Return the lines below in which the string "codes" occurs.

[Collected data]
******

-- ===== src/Alua/Members.antt =====
-- The two properties of ALUATargetPortGroup (rtslib/alua.py) that have no setter.
use rtslib_fb.Prelude.{
  Option, none, some, List, [], ◌∷◌, has, Text, codes, split, after, lines_of, ℤ, Result, ok, err,
  index_error, if◌then◌else◌,
}
use rtslib_fb.Cfs.{FsPath, Kernel, M, lift, ◌>>=◌, ◌>>◌, fread}
use rtslib_fb.Node.{check_self}
use rtslib_fb.Alua.{int_value}

pub record Member : Type 0 where
  pub driver : Text
  pub target : Text
  pub tpgt : ℤ
  pub lun : ℤ

-- `int(part.split("_", 1)[1])`
unfoldable pub number_behind : Text → Result ℤ
unfolding after
number_behind part = if has b'_' part then int_value (after b'_' part) else err index_error

-- A line that has not four parts is passed over.
unfoldable pub member_of : List Text → Result (Option Member)
unfolding number_behind
member_of (driver ∷ target ∷ tpgt ∷ lun ∷ []) = elim (number_behind tpgt) [
  | err e ↦ err e
  | ok i ↦ elim (number_behind lun) [
    | err e ↦ err e
    | ok j ↦ ok (some (record { driver = driver; target = target; tpgt = i; lun = j }))
  ]
]
member_of parts = ok none

unfoldable pub members_of : List Text → Result (List Member)
unfolding member_of split
members_of [] = ok []
members_of (l ∷ ls) =
    let rest = members_of ls in
    elim (member_of (split b'/' l)) [
      | err e ↦ err e
      | ok found ↦ elim rest [
        | err e ↦ err e
        | ok ms ↦ ok (elim found [ none ↦ ms | some m ↦ m ∷ ms ])
      ]
    ]

module _ ⦃k : Kernel⦄ where
  -- `_get_members`
  unfoldable pub get_members : FsPath → M (List Member)
  unfolding members_of lines_of
  get_members p = do check_self p; s ← fread (codes "members" ∷ p); lift (members_of (lines_of s))

  -- `_get_alua_support_lba_dependent`
  unfoldable pub get_alua_support_lba_dependent : FsPath → M ℤ
  get_alua_support_lba_dependent p = do
    check_self p
    s ← fread (codes "alua_support_lba_dependent" ∷ p)
    lift (int_value s)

******

#### [Solution for this exercise]
  Option, none, some, List, [], ◌∷◌, has, Text, codes, split, after, lines_of, ℤ, Result, ok, err,
  get_members p = do check_self p; s ← fread (codes "members" ∷ p); lift (members_of (lines_of s))
    s ← fread (codes "alua_support_lba_dependent" ∷ p)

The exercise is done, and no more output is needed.